**Exercise directions:** When you answer, restate the entries below without altering anything.

**Working data:**

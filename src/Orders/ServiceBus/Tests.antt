-- ===== src/Orders/ServiceBus/Tests.antt =====
-- The message of a concrete event (apps/orders/servicebus.py), printed and read again.
use swarmscope.Base.{
  ℕ, ◌≡◌, refl, Option, none, some, List, [], ◌∷◌, Text, ok, err, length, codes, arith,
}
use swarmscope.Contracts.{OrderPlacedV1, bounded_text, strip}
use swarmscope.Contracts.Parse.{model_validate_json}
use swarmscope.Contracts.Valid.{IsEvent}
use swarmscope.Orders.ServiceBus.{to_service_bus_message}
use swarmscope.Orders.Messaging.{OutboundEvent}
use swarmscope.Orders.ServiceBus.Publisher.{
  SdkCall, enter, exit, publish_each, publish, new_publisher, not_open,
}
use swarmscope.Orders.ServiceBus.Publisher.Closes.{
  fresh, after_block, after_block_closes, closing, sending, opening, IsUsed,
}
use swarmscope.Orders.ServiceBus.RoundTrip.{outbound, model_validate_json-body}
use swarmscope.Orders.ServiceBus.Wire.{reader, printer, printer-ReadsBack}

abbrev event : OrderPlacedV1
event = record {
  event_id = 7;
  event_type = codes "OrderPlaced";
  event_version = 1;
  occurred_at = 90;
  correlation_id = 5;
  payload = record { order_id = 1; customer_id = codes "ada"; sku = codes "pen"; quantity = 2 };
}

event-IsEvent : IsEvent reader.is_space event
unfolding bounded_text strip reader
event-IsEvent = record {
  literal_type = refl;
  literal_version = refl;
  payload = record { customer = refl; sku = refl; positive = omega arith };
}

model_validate_json-body_example :
    model_validate_json reader (to_service_bus_message printer (outbound printer event)).body
    ≡ some event
model_validate_json-body_example =
    model_validate_json-body reader printer printer-ReadsBack event event-IsEvent

-- every call answered with a new number
abbrev sdk : List SdkCall → SdkCall → Option ℕ
sdk calls c = some (length calls)

abbrev namespace_name : Text
namespace_name = codes "ns"

abbrev topic_name : Text
topic_name = codes "orders"

entered : (enter sdk (fresh sdk namespace_name topic_name [] none)).0 ≡ ok tt
unfolding enter
entered = refl

exited :
    (after_block sdk namespace_name topic_name [] printer none (outbound printer event ∷ [])).0
    ≡ ok tt
unfolding enter exit publish_each
exited = refl

after_block_closes_example :
    (credential : ℕ) × (client : ℕ) × (sender : ℕ) × ((after_block sdk namespace_name topic_name []
        printer none
        (outbound printer event ∷ [])).1
      ≡ record {
        publisher = new_publisher namespace_name topic_name none;
        calls = closing none credential client sender (
            sending printer sender
              (outbound printer event ∷ [])
              (opening namespace_name topic_name none credential client []));
      })
    × IsUsed none credential
    × ((e : OutboundEvent)
        → publish sdk printer e
            (after_block sdk namespace_name topic_name [] printer none
              (outbound printer event ∷ [])).1
          ≡ (
            err not_open,
            (after_block sdk namespace_name topic_name [] printer none
                (outbound printer event ∷ [])).1,
          ))
after_block_closes_example =
    after_block_closes sdk namespace_name topic_name [] printer none (outbound printer event ∷ [])
      entered exited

**Answer area:**
filename src/Orders/ServiceBus/Tests.antt
-- ===== src/Orders/ServiceBus/Tests.antt =====
-- The message of a concrete event (apps/orders/servicebus.py), printed and read again.
use swarmscope.Base.{
  ℕ, ◌≡◌, refl, Option, none, some, List, [], ◌∷◌, Text, ok, err, length, codes, arith,
}
use swarmscope.Contracts.{OrderPlacedV1, bounded_text, strip}
use swarmscope.Contracts.Parse.{model_validate_json}
use swarmscope.Contracts.Valid.{IsEvent}
use swarmscope.Orders.ServiceBus.{to_service_bus_message}
use swarmscope.Orders.Messaging.{OutboundEvent}
use swarmscope.Orders.ServiceBus.Publisher.{
  SdkCall, enter, exit, publish_each, publish, new_publisher, not_open,
}
use swarmscope.Orders.ServiceBus.Publisher.Closes.{
  fresh, after_block, after_block_closes, closing, sending, opening, IsUsed,
}
use swarmscope.Orders.ServiceBus.RoundTrip.{outbound, model_validate_json-body}
use swarmscope.Orders.ServiceBus.Wire.{reader, printer, printer-ReadsBack}

abbrev event : OrderPlacedV1
event = record {
  event_id = 7;
  event_type = codes "OrderPlaced";
  event_version = 1;
  occurred_at = 90;
  correlation_id = 5;
  payload = record { order_id = 1; customer_id = codes "ada"; sku = codes "pen"; quantity = 2 };
}

event-IsEvent : IsEvent reader.is_space event
unfolding bounded_text strip reader
event-IsEvent = record {
  literal_type = refl;
  literal_version = refl;
  payload = record { customer = refl; sku = refl; positive = omega arith };
}

model_validate_json-body_example :
    model_validate_json reader (to_service_bus_message printer (outbound printer event)).body
    ≡ some event
model_validate_json-body_example =
    model_validate_json-body reader printer printer-ReadsBack event event-IsEvent

-- every call answered with a new number
abbrev sdk : List SdkCall → SdkCall → Option ℕ
sdk calls c = some (length calls)

abbrev namespace_name : Text
namespace_name = codes "ns"

abbrev topic_name : Text
topic_name = codes "orders"

entered : (enter sdk (fresh sdk namespace_name topic_name [] none)).0 ≡ ok tt
unfolding enter
entered = refl

exited :
    (after_block sdk namespace_name topic_name [] printer none (outbound printer event ∷ [])).0
    ≡ ok tt
unfolding enter exit publish_each
exited = refl

after_block_closes_example :
    (credential : ℕ) × (client : ℕ) × (sender : ℕ) × ((after_block sdk namespace_name topic_name []
        printer none
        (outbound printer event ∷ [])).1
      ≡ record {
        publisher = new_publisher namespace_name topic_name none;
        calls = closing none credential client sender (
            sending printer sender
              (outbound printer event ∷ [])
              (opening namespace_name topic_name none credential client []));
      })
    × IsUsed none credential
    × ((e : OutboundEvent)
        → publish sdk printer e
            (after_block sdk namespace_name topic_name [] printer none
              (outbound printer event ∷ [])).1
          ≡ (
            err not_open,
            (after_block sdk namespace_name topic_name [] printer none
                (outbound printer event ∷ [])).1,
          ))
after_block_closes_example =
    after_block_closes sdk namespace_name topic_name [] printer none (outbound printer event ∷ [])
      entered exited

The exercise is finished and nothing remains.